D vitamininden yoksul beslenen ve yeteri kadar güneş görmeyen hayvanlar üzerine yapılan birtakım araştırmalarda, D vitamini eksikliğinin pankreas insülin salınımını negatif etkileyerek glikoz metabolizmasını bozarak insülin direncine yatkınlığı arttırdığı ve bu durumun beraberinde obeziteye de neden olabileceği gösterildi.
Kimi hayvanlar üzerine yapılan çalışmalarda D vitamini eksikliğinin üremeyi negatif tarafta etkileyerek doğurganlığın da önüne geçtiği gösterildi.
Son yıllarda düşük D vitamini seviyelerine karşı tedaviler uygulanmaya başlandı. Fakat D vitamini yağda çözünen bir vitamin olduğu için denetimsiz ve rastgele alımı bedende birikerek zehirleyici tesire neden olur. Bilhassa yüksek kalsiyum damarlarda ve böbrekte birikir. Zehirlenme belirtisi olarak bulantı, kusma, kabızlık, kas-kemik ağrıları, kalpte ritim sorunları ve böbrek yetmezliği halinde kendini gösterir. Çok yüksek dozları öldürücü olabilir.
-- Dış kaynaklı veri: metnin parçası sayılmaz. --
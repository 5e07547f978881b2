-- ===== src/Idempotency/File.antt =====
-- FileStore of api/internal/idempotency/store.go. Each method holds the mutex throughout, so a call is
-- one step. The file system and encoding/json are an interface.
pub mod Durable
pub mod Synced
use railway.FilePath.{dir}
use railway.Base.{◌≡◌, refl, List, [], ◌∷◌, Option, none, some, arith, if◌then◌else◌}
use railway.Base.Int.{ℤ, ◌≤ℤ◌}
use railway.Base.Result.{Result, ok, err, ◌>>=◌}
use railway.Text.{Text, is_empty, text_eq, text_eq_iff}
use railway.Time.{after}
use railway.Idempotency.Defs.{Record, live, Store, IsLawful}
use railway.Idempotency.Map.{lookup, insert, delete, lookup-insert, lookup-delete}

-- What os.ReadFile returns; `not_exist` is an error that errors.Is finds to be os.ErrNotExist.
pub data Read : Type 0 where
  contents : Text → Read
  not_exist : Read
  unreadable : Text → Read

-- The calls of package os, and json.MarshalIndent and json.Unmarshal at the map of records.
pub record Os : Type 1 where
  pub Disk : Type 0
  pub read_file : Text → Disk → Read
  pub write_file : Text → Text → Disk → Result (Unit {0}) × Disk
  pub mkdir_all : Text → Disk → Result (Unit {0}) × Disk
  pub encode : List (Text × Record) → Result Text
  pub decode : Text → Result (List (Text × Record))

module _ (os : Os) where
  open os use {Disk, read_file, write_file, mkdir_all, encode, decode}

  -- The store and the disk that it writes to.
  pub record FileStore : Type 0 where
    pub path : Text
    pub entries : List (Text × Record)
    pub disk : Disk

  -- A file that is missing or empty leaves the map as it is.
  unfoldable pub load : Read → Result (List (Text × Record))
  load not_exist = ok []
  load (unreadable e) = err e
  load (contents blob) = if is_empty blob then ok [] else decode blob

  unfoldable pub new_file_store : Text → Disk → Result FileStore
  unfolding load
  new_file_store path disk = load (read_file path disk) >>= λ entries.
      ok (record { path = path; entries = entries; disk = disk })

  abbrev write_blob : Result Text → FileStore → Result (Unit {0}) × FileStore
  write_blob (err e) f = (err e, f)
  write_blob (ok blob) f =
      let (result, disk) = write_file f.path blob f.disk in (result, record f { disk = disk })

  abbrev write_entries : Result (Unit {0}) → FileStore → Result (Unit {0}) × FileStore
  write_entries (err e) f = (err e, f)
  write_entries (ok _) f = write_blob (encode f.entries) f

  unfoldable pub persist : FileStore → Result (Unit {0}) × FileStore
  persist f =
      let (made, disk) = mkdir_all (dir f.path) f.disk in
      write_entries made (record f { disk = disk })

  abbrev answer : ℤ → Text → Option Record → FileStore → Result (Option Record) × FileStore
  answer now key none f = (ok none, f)
  answer now key (some rec) f =
      if after now rec.expires_at
      then (ok none, (persist (record f { entries = delete key f.entries })).1)
      else (ok (some rec), f)

  unfoldable pub get : ℤ → Text → FileStore → Result (Option Record) × FileStore
  get now key f = answer now key (lookup key f.entries) f

  unfoldable pub save : Text → Record → FileStore → Result (Unit {0}) × FileStore
  save key rec f = persist (record f { entries = insert key rec f.entries })

  abbrev pub file_store : Store
  file_store = record { State = FileStore; get = get; save = save }

  entries-persist : (f : FileStore) → (persist f).1.entries ≡ f.entries
  unfolding persist
  entries-persist f = ground arith

  pub get-live :
      (t : ℤ) (k : Text) (f : FileStore) → (get t k f).0 ≡ ok (live t (lookup k f.entries))
  unfolding get
  get-live t k f = ground arith

  live-get :
      (t u : ℤ) (k j : Text) (f : FileStore)
      → t ≤ℤ u
      → live u (lookup j (get t k f).1.entries) ≡ live u (lookup j f.entries)
  unfolding get
  live-get t u k j f h = ground (
    arith,
    entries-persist (record f { entries = delete k f.entries }),
    lookup-delete k j f.entries,
    text_eq_iff k j,
  )

  view-save :
      (k j : Text) (r : Record) (f : FileStore)
      → lookup j (save k r f).1.entries ≡ (if text_eq k j then some r else lookup j f.entries)
  unfolding save
  view-save k j r f = rw entries-persist (lookup-insert k j r f.entries)

  -- The file store keeps the promise of a store, whatever the file system does.
  pub file_store-IsLawful : IsLawful file_store
  file_store-IsLawful = record {
    view = λ f k. lookup k f.entries;
    get-live = get-live;
    live-get = live-get;
    view-save = view-save;
  }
Yılda en az bir sefer D vitamini seviyesi bakılarak doktor denetiminde gerekli yerine koyma tedavileri yapılmalıdır.
Günlük ömürde D vitamini eksikliğinden korunmak için haftada en az 3-4 gün kol içleri ve bacak ön yüzleri güneş kremi sürmeden direkt güneş ışığı ile 15-20 dakika güneşlenmeli.